Posted on in Criminal Law

What Are Your Rights When You Have Been Arrested?With people around the world protesting police mistreatment of people of color, this is a good time to educate yourself about your rights if a police officer arrests you. By understanding your rights, you can avoid saying or doing something that could be used against you in a criminal case. There are rules that all officers in the U.S. must follow during an arrest to ensure that the arrestee’s constitutional rights are not being violated. Unfortunately, some police officers violate the rules, which can result in unlawful arrests or harm to the arrestee. Proving police misconduct during your arrest could lead to the charges against you being reduced or dismissed.

Miranda Warning

Leading up to and after your arrest, a police officer may ask you questions in hopes that you will provide information that can be evidence in a criminal case. It is in your best interest to not provide the officer with any information other than identifying yourself. After your arrest, the officer is required to read the Miranda warning to you before they ask more questions. The Miranda warning informs you that:

  • You have the right to remain silent
  • Statements you make to the police can be used as evidence against you
  • You have the right to request an attorney before speaking to the police
  • An attorney will be assigned to you if you cannot afford one

If no one reads your Miranda warning, any statements that you make in response to police questions after your arrest will be inadmissible as evidence in court.

Illegal Searches

During your interaction, the police officer may ask to search your body, vehicle, or property. You have the right to deny the request, and the officer must meet certain conditions in order to conduct a search against your will:

  • The officer can perform a protective pat-down if they have reason to believe that you are armed and a threat to use your weapon.
  • To search for criminal evidence, the officer must file an affidavit for a warrant in which they present probable cause that conducting a search will turn up evidence of a crime.
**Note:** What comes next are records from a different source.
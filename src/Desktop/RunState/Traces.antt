-- ===== src/Desktop/RunState/Traces.antt =====
-- Every order in which marks, the timer, flushes and Close can come.
use onecatch.Base.{
  bit, ℕ, ◌==◌, if◌then◌else◌, suc, ◌+◌, ◌≤◌, String, true, false, ◌||◌, none, some, List, [], ◌∷◌,
  ◌++◌, append_assoc, contains, contains-append, contains_head, ◌≡◌, ◌≢◌, refl, arith, Unique,
}
use onecatch.Desktop.RunState.{
  Hub, new_hub, mark_dirty, flush, emit_view, close, set_resolver, set_emitter, Step, marks, fires,
  flushes, sends, closes, resolves, emits, Steps, done, next,
}

-- How often a run stands in a list.
abbrev pub occurs : String → List String → ℕ
occurs id [] = 0
occurs id (x ∷ xs) = let rest = occurs id xs in if x == id then suc rest else rest

occurs-append :
    (id : String) (xs ys : List String) → occurs id (xs ++ ys) ≡ occurs id xs + occurs id ys
occurs-append id [] ys = omega arith
occurs-append id (x ∷ xs) ys = ground (arith, occurs-append id xs ys)

occurs-split :
    (x : String) (before after : List String) (id : String)
    → occurs x (before ++ id ∷ after)
      ≡ (if id == x then suc (occurs x (before ++ after)) else occurs x (before ++ after))
occurs-split x before after id =
    ground (arith, occurs-append x before (id ∷ after), occurs-append x before after)

module _ {View : Type 0} where
  -- Of an open hub: one timer or flush is on its way when the hub has a timer and none otherwise, and
  -- a hub without a timer has no marks.
  abbrev Coalesced : Hub View → Type 0
  Coalesced h =
      h.stopped ≡ false
      → (bit h.armed + h.waiting ≡ bit h.timer) × (h.timer ≡ false → h.dirty ≡ []) × Unique h.dirty

  Step-Coalesced : {h i : Hub View} → Step h i → Coalesced h → Coalesced i
  unfolding mark_dirty flush emit_view close set_resolver set_emitter
  Step-Coalesced (marks h id) c = ground arith
  Step-Coalesced (fires h a) c = ground arith
  Step-Coalesced (flushes h n w) c = ground arith
  Step-Coalesced (sends h before after id answer e) c = ground arith
  Step-Coalesced (closes h) c = ground arith
  Step-Coalesced (resolves h) c = ground arith
  Step-Coalesced (emits h) c = ground arith

  Steps-Coalesced : {h i : Hub View} → Steps h i → Coalesced h → Coalesced i
  Steps-Coalesced (done h) c = c
  Steps-Coalesced (next s ss) c = Steps-Coalesced ss (Step-Coalesced s c)

  -- Whatever happens after its creation: while the hub is open and runs are marked, exactly one timer
  -- or flush is on its way, and no run is marked twice.
  pub marks_are_awaited :
      (h : Hub View)
      → Steps new_hub h
      → h.stopped ≡ false
      → h.dirty ≢ []
      → (bit h.armed + h.waiting ≡ 1) × Unique h.dirty
  unfolding new_hub
  marks_are_awaited h ss o d =
      let c = Steps-Coalesced ss (λ _. (refl, λ _. refl, tt)) o in ground arith

  -- A run that is marked after a log of resolved runs: it is marked still, taken by a flush, or resolved
  -- since then.
  abbrev Kept : String → List String → Hub View → Type 0
  Kept id log h =
      h.stopped ≡ false
      → (new : List String) × (h.resolved ≡ new ++ log)
        × ((contains new id || (contains h.dirty id || contains h.sending id)) ≡ true)

  abbrev Installed : Hub View → Type 0
  Installed h = (h.resolver ≡ true) × (h.emitter ≡ true)

  Step-Installed : {h i : Hub View} → Step h i → Installed h → Installed i
  unfolding mark_dirty flush emit_view close set_resolver set_emitter
  Step-Installed (marks h id) c = ground arith
  Step-Installed (fires h a) c = ground arith
  Step-Installed (flushes h n w) c = ground arith
  Step-Installed (sends h before after id answer e) c = ground arith
  Step-Installed (closes h) c = ground arith
  Step-Installed (resolves h) c = ground arith
  Step-Installed (emits h) c = ground arith

  send-Kept :
      (id other : String) (log before after : List String) (h : Hub View)
      → h.sending ≡ before ++ other ∷ after
      → Kept id log h
      → (h.stopped ≡ false)
      → (new : List String) × (other ∷ h.resolved ≡ new ++ log)
        × ((contains new id || (contains h.dirty id || contains (before ++ after) id)) ≡ true)
  send-Kept id other log before after h e k o =
      let (new, grows, found) = k o in
      (
        other ∷ new,
        cc,
        ground (
          arith,
          found,
          e,
          contains-append before (other ∷ after) id,
          contains-append before after id,
        ),
      )

  Step-Kept :
      {h i : Hub View} (id : String) (log : List String)
      → Step h i
      → Installed h
      → Kept id log h
      → Kept id log i
  unfolding mark_dirty flush emit_view close set_resolver set_emitter
  Step-Kept id log (marks h other) c k = λ o. ground (arith, k)
  Step-Kept id log (fires h a) c k = k
  Step-Kept id log (flushes h n w) c k =
      λ o. ground (arith, k, contains-append h.dirty h.sending id)
  Step-Kept id log (sends h before after other answer e) c k =
      λ o. send-Kept id other log before after h e k o
  Step-Kept id log (closes h) c k = λ o. ground arith
  Step-Kept id log (resolves h) c k = k
  Step-Kept id log (emits h) c k = k

  Steps-Kept :
      {h i : Hub View} (id : String) (log : List String)
      → Steps h i
      → Installed h
      → Kept id log h
      → Kept id log i
  Steps-Kept id log (done h) c k = k
  Steps-Kept id log (next s ss) c k =
      Steps-Kept id log ss (Step-Installed s c) (Step-Kept id log s c k)

  -- No mark is lost: once a run is marked in an open hub whose resolver and emitter are installed, then
  -- at every later moment at which the hub is open, the run is marked, taken by a flush, or resolved
  -- since.
  pub marks_are_kept :
      (h i : Hub View) (id : String)
      → id ≢ ""
      → h.stopped ≡ false
      → h.resolver ≡ true
      → h.emitter ≡ true
      → Steps (mark_dirty id h) i
      → i.stopped ≡ false
      → (new : List String) × (i.resolved ≡ new ++ h.resolved)
        × ((contains new id || (contains i.dirty id || contains i.sending id)) ≡ true)
  unfolding mark_dirty
  marks_are_kept h i id ne o r e ss =
      Steps-Kept id h.resolved ss (ground arith)
        (λ _. ([], ground arith, ground (arith, contains_head id h.dirty)))

  -- How many of some views are views of a run.
  abbrev pub views_of : String → List (String × View) → ℕ
  views_of id [] = 0
  views_of id ((other, view) ∷ views) =
      let rest = views_of id views in if other == id then suc rest else rest

  views_of-append :
      (id : String) (xs ys : List (String × View))
      → views_of id (xs ++ ys) ≡ views_of id xs + views_of id ys
  views_of-append id [] ys = omega arith
  views_of-append id ((other, view) ∷ xs) ys = ground (arith, views_of-append id xs ys)

  abbrev Quiet : Hub View → Hub View → Type 0
  Quiet h i =
      (i.stopped ≡ true)
      × (new : List (String × View)) × (i.emitted ≡ new ++ h.emitted)
      × ((id : String) → views_of id new + occurs id i.sending ≤ occurs id h.sending)

  Step-Quiet : {h i : Hub View} → Step h i → h.stopped ≡ true → Quiet h i
  unfolding mark_dirty flush emit_view close set_resolver set_emitter
  Step-Quiet (marks h id) s = (ground arith, [], ground arith, λ x. ground arith)
  Step-Quiet (fires h a) s = (s, [], refl, λ x. omega arith)
  Step-Quiet (flushes h n w) s = (ground arith, [], ground arith, λ x. ground arith)
  Step-Quiet (sends h before after id none e) s =
      (s, [], refl, λ x. ground (arith, e, occurs-split x before after id))
  Step-Quiet (sends h before after id (some view) e) s =
      (s, (id, view) ∷ [], refl, λ x. ground (arith, e, occurs-split x before after id))
  Step-Quiet (closes h) s = (ground arith, [], ground arith, λ x. ground arith)
  Step-Quiet (resolves h) s = (s, [], refl, λ x. omega arith)
  Step-Quiet (emits h) s = (s, [], refl, λ x. omega arith)

  Steps-Quiet : {h i : Hub View} → Steps h i → h.stopped ≡ true → Quiet h i
  Steps-Quiet (done h) s = (s, [], refl, λ x. omega arith)
  Steps-Quiet (next t ts) s =
      let (s1, new1, e1, l1) = Step-Quiet t s in
      let (s2, new2, e2, l2) = Steps-Quiet ts s1 in
      (
        s2,
        new2 ++ new1,
        cc (e2, e1, append_assoc new2 new1 _),
        λ x. omega (arith, views_of-append x new2 new1, l1 x, l2 x),
      )

  -- After Close, whatever happens next, the hub stays closed, and every view that is still emitted is
  -- one of a run that a flush had already taken out of the hub: no run has more views emitted, and
  -- more turns of a flush left, than flushes had taken it.
  pub close_is_quiet :
      (h i : Hub View)
      → Steps (close h) i
      → (i.stopped ≡ true)
        × (new : List (String × View)) × (i.emitted ≡ new ++ h.emitted)
        × ((id : String) → views_of id new + occurs id i.sending ≤ occurs id h.sending)
  unfolding close
  close_is_quiet h i ss =
      let (s, new, e, l) = Steps-Quiet ss (ground arith) in
      (s, new, ground arith, λ x. ground (arith, l x))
Evidence found during an illegal search is inadmissible in court.

Excessive Force

Police officers are allowed to use force against an arrestee in order to protect themselves or to secure someone who is resisting arrest. There have been numerous documented instances of officers using excessive force on suspects who did not show any reasonable threat of violence. Unfortunately, courts often defer to the judgment of officers on when force is necessary and how much force is required. Once you are aware that you are being arrested, it is important to obey the officer and not do anything that could be interpreted as an act of aggression.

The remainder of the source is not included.